# How To Get Good At Math (In Ten Minutes a Day)

Some years ago, a Certain Toy Corporation got into quite a bit of trouble for marketing a (girl) doll that spoke phrases.  In particular, one phrase:  “Math is hard.”

I’ve always argued that that phrase isn’t objectionable.  Math is hard.  So is throwing a three-point shot in basketball, doing a triple gainer, bowling a perfect game, and changing out a car engine.  One of my favorite episodes of The Bernie Mac Show was when Bernie Mac made this very point:  yes, math is hard…but you do hard things all the time, so why not do math?  (Season 1, Episode 16, Mac 101)

So how do you get better at basketball?  You practice, practice, practice.  The same is true in math, and teachers often tell students this.  And while that’s all true, and certainly good advice, it occurs to me there are two components to being “good at math.”  The first is being good at doing math.  Maybe you’ve just learned how to solve a quadratic equation, and so solving $x^{2} - 3x - 7 = 0$ takes a little effort.  But after you’ve solved a few hundred quadratic equations, it becomes second nature, and you can throw down the solution ($x = \frac{3 \pm \sqrt{37}}{2}$) without hesitation.

But the other component of being “good at math,” and ultimately what it means to be a mathematician, is being good at creating math.  This is far more difficult.  It’s the difference between doing 30 push-ups a day, and inventing a new calisthenic.

So how do you do that?  Let’s consider two of the greatest mathematicians ever:  Gauss and Euler.  They actually talked about what it took to be a great mathematician, and the short form is this:  Never solve a problem one time.
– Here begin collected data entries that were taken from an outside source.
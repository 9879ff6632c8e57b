-- ===== src/Blockchain.antt =====
-- mod/beacon/blockchain/receive.go and process.go, with the handler of proposals in
-- mod/runtime/pkg/runtime/middleware/validator.go that calls them, and JoinFatal and IsFatal of
-- mod/errors/mod.go. Logging and metrics are left out.
pub mod Proposals
pub mod Finalized
pub mod Building
use beacon_kit.Prelude.{
  ℕ, List, [], ◌∷◌, ◌++◌, Option, none, some, Bytes, Bool, true, false, if◌then◌else◌, not, ◌||◌,
  ◌&&◌,
}
use beacon_kit.Exec.{Error, Result, ok, err, nil_blk, data_not_available}
use beacon_kit.Types.{BeaconBlock, Context, ValidatorUpdate}
use beacon_kit.Collections.{Collections}
use beacon_kit.BeaconDb.{Kv}
use beacon_kit.Processor.{StateProcessor}
use beacon_kit.Processor.Block.{BeaconState, copy, transition}
use beacon_kit.RangeDb.{Files, RangeDb}
use beacon_kit.DataAvailability.{
  Sidecars, BlobVerifier, processor_verify_blobs, persist, is_data_available,
}

-- An error of the two verifications: one as it comes, or one under WrapNonFatal.
pub data ReceiveError : Type 0 where
  plain : Error → ReceiveError
  non_fatal : Error → ReceiveError

-- DetailedError, with the errors that are joined in it; none of them is a nil error inside.
pub record DetailedError : Type 0 where
  pub errors : List ReceiveError
  pub fatal : Bool

-- IsFatal, on a nil error, on one that is no DetailedError, and on one that is.
unfoldable pub is_fatal_error : Option ReceiveError → Bool
is_fatal_error none = false
is_fatal_error (some (plain e)) = true
is_fatal_error (some (non_fatal e)) = false

unfoldable pub is_fatal : DetailedError → Bool
is_fatal d = elim (d.errors) [ [] ↦ false | e ∷ es ↦ d.fatal ]

-- errors.Join keeps the errors that are not nil.
unfoldable pub joined : Option ReceiveError → List ReceiveError → List ReceiveError
joined none es = es
joined (some e) es = e ∷ es

-- JoinFatal, on two errors. It wraps the joined error also when there is none.
unfoldable pub join_fatal : Option ReceiveError → Option ReceiveError → DetailedError
unfolding joined is_fatal_error
join_fatal e1 e2 = record {
  errors = joined e1 (joined e2 []);
  fatal = is_fatal_error e1 || is_fatal_error e2;
}

-- What the service starts beside the verification: the forkchoice update at startup, the rebuilding
-- of a payload after a rejected block, and the payload on top of an accepted one.
pub data Task (c : Collections) : Type 0 where
  force_startup_head : Kv c → Task c
  rebuild_payload : Kv c → Task c
  build_optimistic_payload : Kv c → BeaconBlock → Task c

-- The fields of the service. `is_accepted_status` is errors.Is(_, ErrAcceptedPayloadStatus);
-- `block_error_first` tells which goroutine of ProcessBlockAndBlobs fails first, when both fail.
pub record Service : Type 0 where
  pub sp : StateProcessor
  pub verifier : BlobVerifier
  pub is_accepted_status : Error → Bool
  pub optimistic_payload_builds : Bool
  pub builder_enabled : Bool
  pub block_error_first : Bool

-- The contexts of verifyStateRoot and of processBeaconBlock.
abbrev pub verify_context : Context
verify_context = record {
  optimistic_engine = false;
  skip_payload_verification = false;
  skip_validate_randao = false;
  skip_validate_result = false;
}

abbrev pub finalize_context : Context
finalize_context = record {
  optimistic_engine = true;
  skip_payload_verification = false;
  skip_validate_randao = false;
  skip_validate_result = false;
}

-- What VerifyIncomingBlock leaves: its error, the state it was given, and what it started.
pub record Verified (c : Collections) : Type 0 where
  pub error : Option ReceiveError
  pub pre_state : BeaconState c
  pub tasks : List (Task c)

-- What verifyStateRoot makes of the error of Transition.
unfoldable pub state_root_verdict : Service → Result (List ValidatorUpdate) → Option Error
state_root_verdict svc (ok updates) = none
state_root_verdict svc (err e) = if svc.is_accepted_status e then none else some e

-- shouldBuildOptimisticPayloads
unfoldable pub should_build_optimistic_payloads : Service → Bool
should_build_optimistic_payloads svc = svc.optimistic_payload_builds && svc.builder_enabled

-- The error of a call as the service reports it.
unfoldable pub plain_error : Result Unit → Option ReceiveError
plain_error (ok u) = none
plain_error (err e) = some (plain e)

-- VerifyIncomingBlobs; `none` is a nil block, or nil sidecars.
unfoldable pub verify_incoming_blobs :
    Service → Option BeaconBlock → Option Sidecars → Option ReceiveError
unfolding processor_verify_blobs plain_error
verify_incoming_blobs svc none sidecars = some (non_fatal nil_blk)
verify_incoming_blobs svc (some blk) none = none
verify_incoming_blobs svc (some blk) (some []) = none
verify_incoming_blobs svc (some blk) (some (sc ∷ scs)) =
    plain_error (processor_verify_blobs svc.verifier svc.sp.cs blk.slot (sc ∷ scs))

module _ {c : Collections} (svc : Service) where
  -- The store that a copy writes to when it is saved is that of the state it was made from.
  unfoldable pub flushed : BeaconState c → BeaconState c → BeaconState c
  flushed pre post = elim (post.parent) [ none ↦ pre | some kv ↦ record pre { working = kv } ]

  unfoldable pub verified_block :
      BeaconState c → BeaconBlock → List (Task c) → Option Error → BeaconState c → Verified c
  unfolding flushed should_build_optimistic_payloads
  verified_block pre blk startup (some e) post = record {
    error = some (plain e);
    pre_state = flushed pre post;
    tasks =
        startup
        ++ (if should_build_optimistic_payloads svc
            then rebuild_payload (flushed pre post).working ∷ []
            else []);
  }
  verified_block pre blk startup none post = record {
    error = none;
    pre_state = flushed pre post;
    tasks =
        startup
        ++ (if should_build_optimistic_payloads svc
            then build_optimistic_payload post.working blk ∷ []
            else []);
  }

  -- VerifyIncomingBlock; `forced` says that forceStartupSyncOnce was done before.
  unfoldable pub verify_incoming_block : Bool → BeaconState c → Option BeaconBlock → Verified c
  unfolding verified_block state_root_verdict
  verify_incoming_block forced pre none = record {
    error = some (non_fatal nil_blk);
    pre_state = pre;
    tasks = if forced then [] else force_startup_head pre.working ∷ [];
  }
  verify_incoming_block forced pre (some blk) =
      let (r, post) = transition svc.sp verify_context (copy pre) (some blk) in
      verified_block pre blk (if forced then [] else force_startup_head pre.working ∷ [])
        (state_root_verdict svc r) post

  -- ReceiveBlockAndBlobs, which waits for both verifications.
  unfoldable pub receive_block_and_blobs :
      Bool → BeaconState c → Option BeaconBlock → Option Sidecars → DetailedError
  unfolding verify_incoming_block verify_incoming_blobs join_fatal
  receive_block_and_blobs forced pre blk sidecars =
      join_fatal (verify_incoming_block forced pre blk).error
        (verify_incoming_blobs svc blk sidecars)

  -- ProcessProposalHandler, for what the gossipers found in the request: whether it accepts.
  unfoldable pub process_proposal :
      Bool → BeaconState c → Option BeaconBlock → Option Sidecars → Bool
  unfolding receive_block_and_blobs is_fatal
  process_proposal forced pre blk sidecars =
      not (is_fatal (receive_block_and_blobs forced pre blk sidecars))

module _ {f : Files} (svc : Service) where
  -- ProcessBlockAndBlobs after its goroutines have ended: their results, and the store.
  unfoldable pub finalized :
      BeaconBlock
      → Result (List ValidatorUpdate)
      → Result Unit
      → RangeDb f
      → Result (List ValidatorUpdate)
  unfolding is_data_available
  finalized blk (ok updates) (ok u) db =
      if not (is_data_available db blk.slot blk.body.blob_kzg_commitments)
      then err data_not_available
      else ok updates
  finalized blk (ok updates) (err e) db = err e
  finalized blk (err e) (ok u) db = err e
  finalized blk (err e) (err e') db = if svc.block_error_first then err e else err e'

module _ {c : Collections} {f : Files} (svc : Service) where
  -- ProcessBlockAndBlobs, up to the forkchoice update that it starts at its end.
  unfoldable pub process_block_and_blobs :
      Option BeaconBlock
      → Option Sidecars
      → BeaconState c × RangeDb f
      → Result (List ValidatorUpdate) × BeaconState c × RangeDb f
  unfolding finalized
  process_block_and_blobs none sidecars (st, db) = (err nil_blk, st, db)
  process_block_and_blobs (some blk) sidecars (st, db) =
      let (r, st') = transition svc.sp finalize_context st (some blk) in
      let (stored, db') = persist svc.verifier svc.sp.cs blk.slot sidecars db in
      (finalized svc blk r stored db', st', db')
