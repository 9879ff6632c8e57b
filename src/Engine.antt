-- ===== src/Engine.antt =====
-- mod/execution/pkg/engine/engine.go: the execution engine, over the client that speaks JSON-RPC.
-- Logging and metrics are left out.
pub mod Verdicts
use beacon_kit.Prelude.{ℕ, Bytes, Bool, Option, ◌||◌, some, if◌then◌else◌, none, false, true, List}
use beacon_kit.Types.{NewPayloadRequest, Withdrawal}

-- An error of the client, by what errors.IsAny and jsonrpc.IsPreDefinedError find in it; one error
-- may wrap several.
pub record ClientError : Type 0 where
  pub is_accepted : Bool
  pub is_syncing : Bool
  pub is_invalid : Bool
  pub is_invalid_block_hash : Bool
  pub is_predefined : Bool
  pub code : ℕ

pub data EngineError : Type 0 where
  invalid_hashes : ℕ → EngineError
  bad_block_produced nil_payload_on_valid_response : EngineError
  -- errors.Join(err, ErrPreDefinedJSONRPC)
  predefined_json_rpc client_error : ClientError → EngineError

pub record ForkchoiceState : Type 0 where
  pub head_block_hash : Bytes
  pub safe_block_hash : Bytes
  pub finalized_block_hash : Bytes

-- The payload attributes; `none` for the withdrawals is a nil slice.
pub record PayloadAttributes : Type 0 where
  pub version : ℕ
  pub timestamp : ℕ
  pub prev_randao : Bytes
  pub suggested_fee_recipient : Bytes
  pub withdrawals : Option (List Withdrawal)
  pub parent_beacon_block_root : Bytes

-- The attributes are an interface value: `none` is nil, and `some none` a nil pointer in it, for
-- which IsNil is true.
pub record ForkchoiceUpdateRequest : Type 0 where
  pub state : ForkchoiceState
  pub payload_attributes : Option (Option PayloadAttributes)
  pub fork_version : ℕ

-- The methods of the execution client that the engine calls, and the check of a request that is
-- done with go-ethereum. An error that is nil is `none`.
pub record EngineClient : Type 0 where
  pub has_valid_hashes : NewPayloadRequest → Option ℕ
  pub new_payload : NewPayloadRequest → Option ClientError
  pub forkchoice_updated :
      ForkchoiceUpdateRequest → Option Bytes × Option Bytes × Option ClientError

-- The first case of both switches.
unfoldable pub is_optimistic_status : ClientError → Bool
is_optimistic_status e = e.is_accepted || e.is_syncing

-- The second case.
unfoldable pub is_invalid_status : ClientError → Bool
is_invalid_status e = e.is_invalid || e.is_invalid_block_hash

unfoldable pub has_payload_attributes : ForkchoiceUpdateRequest → Bool
has_payload_attributes req = elim (req.payload_attributes) [
  | none ↦ false
  | some none ↦ false
  | some (some attributes) ↦ true
]

-- The end of VerifyAndNotifyNewPayload.
unfoldable pub unless_optimistic : Bool → Option EngineError → Option EngineError
unless_optimistic optimistic e = if optimistic then none else e

-- What is made of the client's answer to a new payload.
unfoldable pub categorize : Bool → Option ClientError → Option EngineError
unfolding unless_optimistic is_optimistic_status is_invalid_status
categorize optimistic none = unless_optimistic optimistic none
categorize optimistic (some e) =
    if is_optimistic_status e
    then unless_optimistic optimistic (some (client_error e))
    else if is_invalid_status e
    then some bad_block_produced
    else if e.is_predefined
    then unless_optimistic optimistic (some (predefined_json_rpc e))
    else unless_optimistic optimistic (some (client_error e))

unfoldable pub verify_and_notify_new_payload : EngineClient → NewPayloadRequest → Option EngineError
unfolding categorize
verify_and_notify_new_payload ec req = elim (ec.has_valid_hashes req) [
  | some e ↦ some (invalid_hashes e)
  | none ↦ categorize req.optimistic (ec.new_payload req)
]

-- What is made of the client's answer to a forkchoice update.
unfoldable pub forkchoice_verdict :
    Bool
    → Option Bytes × Option Bytes × Option ClientError
    → Option Bytes × Option Bytes × Option EngineError
unfolding is_optimistic_status is_invalid_status
forkchoice_verdict attributes (id, hash, some e) =
    if is_optimistic_status e
    then (id, none, none)
    else if is_invalid_status e
    then (id, hash, some bad_block_produced)
    else if e.is_predefined
    then (none, none, some (predefined_json_rpc e))
    else (none, none, some (client_error e))
forkchoice_verdict attributes (none, hash, none) =
    if attributes then (none, hash, some nil_payload_on_valid_response) else (none, hash, none)
forkchoice_verdict attributes (some id, hash, none) = (some id, hash, none)

unfoldable pub notify_forkchoice_update :
    EngineClient → ForkchoiceUpdateRequest → Option Bytes × Option Bytes × Option EngineError
unfolding forkchoice_verdict has_payload_attributes
notify_forkchoice_update ec req =
    forkchoice_verdict (has_payload_attributes req) (ec.forkchoice_updated req)
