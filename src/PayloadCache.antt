-- ===== src/PayloadCache.antt =====
-- mod/payload/pkg/cache/payload_id.go. The two levels of Go maps are association lists whose lookup
-- takes the first entry of a key; the mutex is left out, since each method holds it throughout.
pub mod Lookups
use beacon_kit.Prelude.{
  ℕ, [], ◌∷◌, none, some, Bytes, ltb, leb, bytes_eq, List, Option, Bool, if◌then◌else◌, false, ◌==◌,
  ◌-◌, true,
}

-- slotToStateRootToPayloadID
abbrev pub Cache : Type 0
Cache = List (ℕ × List (Bytes × Bytes))

-- historicalPayloadIDCacheSize
abbrev pub historical_size : ℕ
historical_size = 2

-- p.slotToStateRootToPayloadID[slot], if there is an entry
unfoldable pub find_slot : Cache → ℕ → Option (List (Bytes × Bytes))
find_slot [] slot = none
find_slot ((s, inner) ∷ rest) slot =
    let later = find_slot rest slot in if s == slot then some inner else later

unfoldable pub find_root : List (Bytes × Bytes) → Bytes → Option Bytes
find_root [] root = none
find_root ((r, pid) ∷ rest) root =
    let later = find_root rest root in if bytes_eq r root then some pid else later

-- Get; `none` is the result with false.
unfoldable pub get : Cache → ℕ → Bytes → Option Bytes
unfolding find_slot find_root
get cache slot root = elim (find_slot cache slot) [
  | none ↦ none
  | some inner ↦ find_root inner root
]

-- Has; a missing slot is a nil map, which holds nothing.
unfoldable pub has : Cache → ℕ → Bytes → Bool
unfolding find_slot find_root
has cache slot root = elim (find_slot cache slot) [
  | none ↦ false
  | some inner ↦ elim (find_root inner root) [ none ↦ false | some pid ↦ true ]
]

-- prunePrior
unfoldable pub prune_prior : Cache → ℕ → Cache
prune_prior [] slot = []
prune_prior ((s, inner) ∷ rest) slot =
    let kept = prune_prior rest slot in if ltb s slot then kept else (s, inner) ∷ kept

-- innerMap[stateRoot] = pid, in the map of the slot, which is made if there is none. The new entry
-- stands in front, where the lookup finds it first.
unfoldable pub insert_entry : Cache → ℕ → Bytes → Bytes → Cache
insert_entry [] slot root pid = (slot, (root, pid) ∷ []) ∷ []
insert_entry ((s, inner) ∷ rest) slot root pid =
    let later = insert_entry rest slot root pid in
    if s == slot then (s, (root, pid) ∷ inner) ∷ rest else (s, inner) ∷ later

-- Set
unfoldable pub set : Cache → ℕ → Bytes → Bytes → Cache
unfolding prune_prior insert_entry
set cache slot root pid =
    if leb historical_size slot
    then insert_entry (prune_prior cache (slot - historical_size)) slot root pid
    else insert_entry cache slot root pid
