-- ===== src/PayloadBuilder.antt =====
-- mod/payload/pkg/builder: the builder of payloads, over the payload id cache and the execution
-- engine. Logging is left out.
pub mod Requests
use mathlib.Core.Option
use beacon_kit.Prelude.{
  ℕ, List, Option, none, some, Bytes, Bool, true, false, if◌then◌else◌, ◌==◌, ◌%◌, ◌&&◌, leb,
  bytes_eq, not,
}
use beacon_kit.Exec.{
  Error, Result, ok, err, Exec, lift, ◌>>=◌, invalid_timestamp, bind_result, empty_prev_randao,
  nil_withdrawals,
}
use beacon_kit.Types.{Withdrawal, zero_root, ExecutionPayloadHeader}
use beacon_kit.Chain.{
  ChainSpec, slot_to_epoch, active_fork_version_for_epoch, active_fork_version_for_slot,
  version_capella,
}
use beacon_kit.Collections.{Collections}
use beacon_kit.BeaconDb.{Kv, get_randao_mix_at_index, get_latest_execution_payload_header}
use beacon_kit.StateDb.Sweep.{expected_withdrawals}
use beacon_kit.Engine.{
  ClientError, EngineError, EngineClient, ForkchoiceState, ForkchoiceUpdateRequest,
  PayloadAttributes, notify_forkchoice_update,
}
use beacon_kit.PayloadCache.{Cache, get, set}

pub data BuilderError : Type 0 where
  payload_builder_disabled nil_payload_id payload_id_not_found nil_payload_envelope : BuilderError
  -- ctx.Err()
  context_done : BuilderError
  -- the run-time panic of a method call on a nil payload
  nil_payload_panic : BuilderError
  -- an error when getting the payload attributes
  attributes_error : Error → BuilderError
  state_error : Error → BuilderError
  engine_error : EngineError → BuilderError
  get_payload_error : ClientError → BuilderError

pub data Reply (A : Type 0) : Type 0 where
  done : A → Reply A
  failed : BuilderError → Reply A

-- PayloadBuilder, less its cache, which changes. `get_payload` is the client's GetPayload, to which
-- the engine passes a request on; its envelopes are of the type `E`, and `none` is a nil one;
-- `has_nil_payload` is GetExecutionPayload().IsNil() on an envelope.
pub record PayloadBuilder (E : Type 0) : Type 0 where
  pub enabled : Bool
  pub suggested_fee_recipient : Bytes
  pub cs : ChainSpec
  pub client : EngineClient
  pub get_payload : Bytes → ℕ → Option E × Option ClientError
  pub has_nil_payload : E → Bool

-- Validate
unfoldable pub validate_attributes : PayloadAttributes → Result Unit
validate_attributes p =
    if p.timestamp == 0
    then err invalid_timestamp
    else if bytes_eq p.prev_randao zero_root
    then err empty_prev_randao
    else elim (p.withdrawals) [
      | none ↦ if leb version_capella p.version then err nil_withdrawals else ok tt
      | some ws ↦ ok tt
    ]

-- NewPayloadAttributes
unfoldable pub new_payload_attributes : PayloadAttributes → Result PayloadAttributes
unfolding validate_attributes
new_payload_attributes p = bind_result (validate_attributes p) (λ u. ok p)

module _ {E : Type 0} (pb : PayloadBuilder E) where
  -- What RequestPayloadAsync makes of the engine's answer.
  unfoldable pub cache_payload_id :
      ℕ
      → Bytes
      → Option Bytes × Option Bytes × Option EngineError
      → Cache
      → Reply (Option Bytes) × Cache
  unfolding set
  cache_payload_id slot root (id, hash, some e) cache = (failed (engine_error e), cache)
  cache_payload_id slot root (none, hash, none) cache = (done none, cache)
  cache_payload_id slot root (some id, hash, none) cache = (done (some id), set cache slot root id)

  -- RetrievePayload, once the envelope has come: it asks for the fee recipient of the payload also
  -- when that is nil.
  unfoldable pub retrieved : Option E × Option ClientError → Reply E
  retrieved (envelope, some e) = failed (get_payload_error e)
  retrieved (none, none) = failed nil_payload_envelope
  retrieved (some envelope, none) =
      if pb.has_nil_payload envelope then failed nil_payload_panic else done envelope

  -- GetPayload, as RequestPayloadSync passes it on; a nil envelope is `none`.
  unfoldable pub delivered : Option E × Option ClientError → Reply (Option E)
  delivered (envelope, some e) = failed (get_payload_error e)
  delivered (envelope, none) = done envelope

  -- RetrievePayload
  unfoldable pub retrieve_payload : ℕ → Bytes → Cache → Reply E
  unfolding get retrieved
  retrieve_payload slot root cache =
      if not pb.enabled then failed payload_builder_disabled else elim (get cache slot root) [
        | none ↦ failed payload_id_not_found
        | some id ↦ retrieved (pb.get_payload id (active_fork_version_for_slot pb.cs slot))
      ]

  -- The forkchoice update of RequestPayloadAsync.
  unfoldable pub build_request : ℕ → Bytes → Bytes → PayloadAttributes → ForkchoiceUpdateRequest
  build_request slot head final attributes = record {
    state = record {
      head_block_hash = head;
      safe_block_hash = final;
      finalized_block_hash = final;
    };
    payload_attributes = some (some attributes);
    fork_version = active_fork_version_for_slot pb.cs slot;
  }

  -- RequestPayloadAsync, after the lookup in the cache found nothing.
  unfoldable pub request_new_payload :
      ℕ → Bytes → Bytes → Bytes → Result PayloadAttributes → Cache → Reply (Option Bytes) × Cache
  unfolding cache_payload_id build_request
  request_new_payload slot root head final (err e) cache = (failed (attributes_error e), cache)
  request_new_payload slot root head final (ok attributes) cache =
      cache_payload_id slot root
        (notify_forkchoice_update pb.client (build_request slot head final attributes)) cache

  -- RequestPayloadSync, after RequestPayloadAsync; `cancelled` says that the context was done before
  -- the timeout.
  unfoldable pub await_payload : Bool → ℕ → Reply (Option Bytes) × Cache → Reply (Option E) × Cache
  unfolding delivered
  await_payload cancelled slot (failed e, cache) = (failed e, cache)
  await_payload cancelled slot (done none, cache) = (failed nil_payload_id, cache)
  await_payload cancelled slot (done (some id), cache) =
      if cancelled
      then (failed context_done, cache)
      else (delivered (pb.get_payload id (active_fork_version_for_slot pb.cs slot)), cache)

  -- SendForceHeadFCU, once the latest header is read.
  unfoldable pub force_head : ℕ → Result ExecutionPayloadHeader → Option BuilderError
  force_head slot (err e) = some (state_error e)
  force_head slot (ok lph) =
      Option.map engine_error
        (notify_forkchoice_update pb.client (record {
          state = record {
            head_block_hash = lph.block_hash;
            safe_block_hash = lph.parent_hash;
            finalized_block_hash = lph.parent_hash;
          };
          payload_attributes = none;
          fork_version = active_fork_version_for_slot pb.cs slot;
        })).2

module _ {c : Collections} {E : Type 0} (pb : PayloadBuilder E) where
  -- getPayloadAttribute, on the state store.
  unfoldable pub get_payload_attribute : ℕ → ℕ → Bytes → Exec (Kv c) PayloadAttributes
  unfolding new_payload_attributes
  get_payload_attribute slot timestamp prev_head_root = do
    withdrawals ← expected_withdrawals pb.cs
    let epoch = slot_to_epoch pb.cs slot
    prev_randao ← get_randao_mix_at_index (epoch % pb.cs.epochs_per_historical_vector)
    lift (
        new_payload_attributes (record {
          version = active_fork_version_for_epoch pb.cs epoch;
          timestamp = timestamp;
          prev_randao = prev_randao;
          suggested_fee_recipient = pb.suggested_fee_recipient;
          withdrawals = some withdrawals;
          parent_beacon_block_root = prev_head_root;
        }))

  -- RequestPayloadAsync
  unfoldable pub request_payload_async :
      Kv c → ℕ → ℕ → Bytes → Bytes → Bytes → Cache → Reply (Option Bytes) × Cache
  unfolding get request_new_payload get_payload_attribute
  request_payload_async st slot timestamp root head final cache =
      if not pb.enabled
      then (failed payload_builder_disabled, cache)
      else elim (get cache slot root) [
        | some id ↦ (done (some id), cache)
        | none ↦
            request_new_payload pb slot root head final
              (get_payload_attribute slot timestamp root st).0 cache
      ]

  -- RequestPayloadSync
  unfoldable pub request_payload_sync :
      Bool → Kv c → ℕ → ℕ → Bytes → Bytes → Bytes → Cache → Reply (Option E) × Cache
  unfolding await_payload request_payload_async
  request_payload_sync cancelled st slot timestamp root head final cache =
      if not pb.enabled
      then (failed payload_builder_disabled, cache)
      else await_payload pb cancelled slot
          (request_payload_async st slot timestamp root head final cache)

  -- SendForceHeadFCU
  unfoldable pub send_force_head_fcu : Kv c → ℕ → Option BuilderError
  unfolding force_head
  send_force_head_fcu st slot = force_head pb slot (get_latest_execution_payload_header st).0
For example, in 1736, Euler proved a result of Fermat, namely that if $p$ is prime and $a < p$, then $a^{p - 1} - 1$ is divisible by  $p$.  Euler proved this, using an induction argument so obscure that it keeps being rediscovered by mathematicians, both great ones (Laplace and Cauchy) and obscure ones (me, actually…this may be the only time I’ve sat at the same table as Euler, Laplace, and Cauchy).

But Euler didn’t stop with one proof.  About every ten years,  he came up with a new way to prove the theorem.  His re-examination of the problem led him to discover the $\varphi$-function (where $\varphi(n)$ is the number of numbers less than $n$ which are relatively prime to $n$) and generalized it to what is now called the Euler-Fermat Theorem:  For any number $N$ and any number $a$ relatively prime to $N$, the least value $x$ for which $a^{x} -1$ is divisible by $N$ is a divisor of $\varphi(N)$.

Incidentally, this result is the basis of modern computer security (the RSA algorithm).

What about Gauss?  In 1799, Gauss proved the Fundamental Theorem of Algebra,namely that a $n$th degree polynomial with real coefficients has $n$ real and/or complex roots.

And then, over the course of his career, Gauss proved the Fundamental Theorem three more times, each time extending the result and developing new mathematics.

What’s the practical application?  Let’s consider something really basic:  multiplication of two numbers, say $47 \times 153$.  We all know how to do this:  we were taught how to do this computation in school.  We can practice the multiplication algorithm by trying different products:  $47 \times 153$ today, $23 \times 17$ tomorrow, $153 \times 301$ the day after, and so on.  If you do this, you will develop your skills at applying the standard algorithm.

On the other hand, suppose that instead of doing new products the way you were taught, what if you tried to find the same product using a completely different method?  You know what the answer is supposed to be, so you’ll have a good way to check if your method works.

How might that work?  In this case, $47 \times 153$ is the sum of forty-seven $153$s.  So you could add $153 + 153 + 153 + \ldots + 153$.  That’s one method of multiplying; one nice feature of it is that it’s something a first grader can do.  (Granted, you’d probably have them do something easier, like $5 \times 4 = 4 + 4 + 4 + 4 + 4$, but the important thing is that they don’t have to know multiplication to be able to solve the problem “Find $5 \times 4$“)

Obviously, you don’t want to spend the next half hour adding forty-seven $153$s together…but progress comes when someone asks “Can we find a better approach?”  So you start thinking about how to improve the efficiency of your sums.   Maybe tomorrow, you realize $153 = 100 + 50 + 3$, so adding together forty-seven $153$s is the same as adding together forty-seven $100$s, forty-seven $50$s, and forty-seven $3$s.

And even that gets a little tricky, so the day after, you come up with a new insight that allows you to make the addition even more efficient.